_SUPPLIED ENTRIES_:
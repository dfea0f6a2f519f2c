-- ===== src/Keys.antt =====
-- web/app/settings/keys/page.tsx: the choice of a token's lifetime, and the list of tokens with the
-- handlers that create, rotate and revoke them.
-- A handler is split at its `await`s. Times are in seconds; `number_text` is `String` of a number.
pub mod Lifetimes
pub mod Handlers
pub mod Panel
pub mod Entries
use clawhum.Prelude.{
  ℕ, ◌+◌, ◌-◌, ◌*◌, ◌/◌, max, Bool, true, false, not, ◌&&◌, ◌||◌, Option, none, some, List, [], ◌∷◌,
  ◌++◌, if◌then◌else◌, ltb, leb, ◌==◌, any, filter, is_empty,
}
use clawhum.Prelude.Text.{Text, codes}

-- The fields of `KeyRow` that its page always has; the others only show restrictions.
pub record KeyRow : Type 0 where
  pub id : Text
  pub name : Text
  pub roles : List Text
  pub rpm : ℕ
  pub created_at : ℕ
  pub last_used_at : ℕ
  pub secret_hint : Text
  pub expires_at : ℕ
  pub expired : Bool
  pub scopes : List Text
  pub effective_scopes : List Text

pub record CreatedKey : Type 0 where
  pub row : KeyRow
  pub secret : Text

pub record KeyPolicy : Type 0 where
  pub max_ttl_days : ℕ
  pub default_ttl_days : ℕ
  pub available_scopes : List Text
  pub allowed_scopes : List Text

pub data ListState : Type 0 where
  loading : ListState
  ready : List KeyRow → ListState
  error : ℕ → Text → ListState

-- `timeAgo`, where `d` is the age in seconds, rounded down.
module _ (number_text : ℕ → Text) where
  unfoldable pub time_ago : ℕ → ℕ → Text
  time_ago now ts =
      if ts == 0
      then codes "never"
      else if ltb (now - ts) 60
      then codes "just now"
      else if ltb (now - ts) 3600
      then number_text ((now - ts) / 60) ++ codes "m ago"
      else if ltb (now - ts) 86400
      then number_text ((now - ts) / 3600) ++ codes "h ago"
      else number_text ((now - ts) / 86400) ++ codes "d ago"

-- A lifetime in days, or "never".
pub data Ttl : Type 0 where
  days : ℕ → Ttl
  never : Ttl

pub record TtlChoice : Type 0 where
  pub value : Ttl
  pub label : Text

abbrev pub is_days : ℕ → TtlChoice → Bool
is_days n c = elim c.value [ days m ↦ m == n | never ↦ false ]

abbrev pub at_most : ℕ → TtlChoice → Bool
at_most cap c = elim c.value [ days m ↦ leb m cap | never ↦ false ]

abbrev pub base_choice : ℕ → Text → TtlChoice
base_choice n label = record { value = days n; label = label }

abbrev pub base_choices : List TtlChoice
base_choices =
    base_choice 1 (codes "in 1 day")
    ∷ base_choice 7 (codes "in 7 days")
    ∷ base_choice 30 (codes "in 30 days")
    ∷ base_choice 90 (codes "in 90 days")
    ∷ base_choice 180 (codes "in 180 days")
    ∷ base_choice 365 (codes "in 365 days")
    ∷ []

abbrev pub cap_of : Option KeyPolicy → ℕ
cap_of none = 0
cap_of (some p) = p.max_ttl_days

-- `ttlChoices` behind its constants: the choices of `base` under the cap.
unfoldable pub choices_under : (ℕ → Text) → ℕ → List TtlChoice → List TtlChoice
choices_under number_text cap base =
    let filtered = if ltb 0 cap then filter (at_most cap) base else base in
    let capped =
      if ltb 0 cap && not (any (is_days cap) filtered)
      then filtered
        ++ record {
          value = days cap;
          label = codes "in " ++ (number_text cap ++ codes " days (max)");
        }
          ∷ []
      else filtered in
    if cap == 0 then capped ++ record { value = never; label = codes "never" } ∷ [] else capped

unfoldable pub ttl_choices : (ℕ → Text) → Option KeyPolicy → List TtlChoice
unfolding choices_under
ttl_choices number_text policy = choices_under number_text (cap_of policy) base_choices

-- The lifetime that is chosen when a policy arrives.
unfoldable pub ttl_of_policy : KeyPolicy → Ttl → Ttl
ttl_of_policy p chosen =
    if ltb 0 p.default_ttl_days
    then days p.default_ttl_days
    else if ltb 0 p.max_ttl_days
    then days p.max_ttl_days
    else chosen

-- `ttlDays === "never" ? 0 : Number(ttlDays)`
unfoldable pub sent_days : Ttl → ℕ
sent_days (days n) = n
sent_days never = 0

_PROBLEM DETAILS_:
The records above should be reproduced in full, exactly as they read.

_WRITTEN ANSWER_:
repository dfea0f6a2f519f2c
-- ===== src/Keys.antt =====
-- web/app/settings/keys/page.tsx: the choice of a token's lifetime, and the list of tokens with the
-- handlers that create, rotate and revoke them.
-- A handler is split at its `await`s. Times are in seconds; `number_text` is `String` of a number.
pub mod Lifetimes
pub mod Handlers
pub mod Panel
pub mod Entries
use clawhum.Prelude.{
  ℕ, ◌+◌, ◌-◌, ◌*◌, ◌/◌, max, Bool, true, false, not, ◌&&◌, ◌||◌, Option, none, some, List, [], ◌∷◌,
  ◌++◌, if◌then◌else◌, ltb, leb, ◌==◌, any, filter, is_empty,
}
use clawhum.Prelude.Text.{Text, codes}

-- The fields of `KeyRow` that its page always has; the others only show restrictions.
pub record KeyRow : Type 0 where
  pub id : Text
  pub name : Text
  pub roles : List Text
  pub rpm : ℕ
  pub created_at : ℕ
  pub last_used_at : ℕ
  pub secret_hint : Text
  pub expires_at : ℕ
  pub expired : Bool
  pub scopes : List Text
  pub effective_scopes : List Text

pub record CreatedKey : Type 0 where
  pub row : KeyRow
  pub secret : Text

pub record KeyPolicy : Type 0 where
  pub max_ttl_days : ℕ
  pub default_ttl_days : ℕ
  pub available_scopes : List Text
  pub allowed_scopes : List Text

pub data ListState : Type 0 where
  loading : ListState
  ready : List KeyRow → ListState
  error : ℕ → Text → ListState

-- `timeAgo`, where `d` is the age in seconds, rounded down.
module _ (number_text : ℕ → Text) where
  unfoldable pub time_ago : ℕ → ℕ → Text
  time_ago now ts =
      if ts == 0
      then codes "never"
      else if ltb (now - ts) 60
      then codes "just now"
      else if ltb (now - ts) 3600
      then number_text ((now - ts) / 60) ++ codes "m ago"
      else if ltb (now - ts) 86400
      then number_text ((now - ts) / 3600) ++ codes "h ago"
      else number_text ((now - ts) / 86400) ++ codes "d ago"

-- A lifetime in days, or "never".
pub data Ttl : Type 0 where
  days : ℕ → Ttl
  never : Ttl

pub record TtlChoice : Type 0 where
  pub value : Ttl
  pub label : Text

abbrev pub is_days : ℕ → TtlChoice → Bool
is_days n c = elim c.value [ days m ↦ m == n | never ↦ false ]

abbrev pub at_most : ℕ → TtlChoice → Bool
at_most cap c = elim c.value [ days m ↦ leb m cap | never ↦ false ]

abbrev pub base_choice : ℕ → Text → TtlChoice
base_choice n label = record { value = days n; label = label }

abbrev pub base_choices : List TtlChoice
base_choices =
    base_choice 1 (codes "in 1 day")
    ∷ base_choice 7 (codes "in 7 days")
    ∷ base_choice 30 (codes "in 30 days")
    ∷ base_choice 90 (codes "in 90 days")
    ∷ base_choice 180 (codes "in 180 days")
    ∷ base_choice 365 (codes "in 365 days")
    ∷ []

abbrev pub cap_of : Option KeyPolicy → ℕ
cap_of none = 0
cap_of (some p) = p.max_ttl_days

-- `ttlChoices` behind its constants: the choices of `base` under the cap.
unfoldable pub choices_under : (ℕ → Text) → ℕ → List TtlChoice → List TtlChoice
choices_under number_text cap base =
    let filtered = if ltb 0 cap then filter (at_most cap) base else base in
    let capped =
      if ltb 0 cap && not (any (is_days cap) filtered)
      then filtered
        ++ record {
          value = days cap;
          label = codes "in " ++ (number_text cap ++ codes " days (max)");
        }
          ∷ []
      else filtered in
    if cap == 0 then capped ++ record { value = never; label = codes "never" } ∷ [] else capped

unfoldable pub ttl_choices : (ℕ → Text) → Option KeyPolicy → List TtlChoice
unfolding choices_under
ttl_choices number_text policy = choices_under number_text (cap_of policy) base_choices

-- The lifetime that is chosen when a policy arrives.
unfoldable pub ttl_of_policy : KeyPolicy → Ttl → Ttl
ttl_of_policy p chosen =
    if ltb 0 p.default_ttl_days
    then days p.default_ttl_days
    else if ltb 0 p.max_ttl_days
    then days p.max_ttl_days
    else chosen

-- `ttlDays === "never" ? 0 : Number(ttlDays)`
unfoldable pub sent_days : Ttl → ℕ
sent_days (days n) = n
sent_days never = 0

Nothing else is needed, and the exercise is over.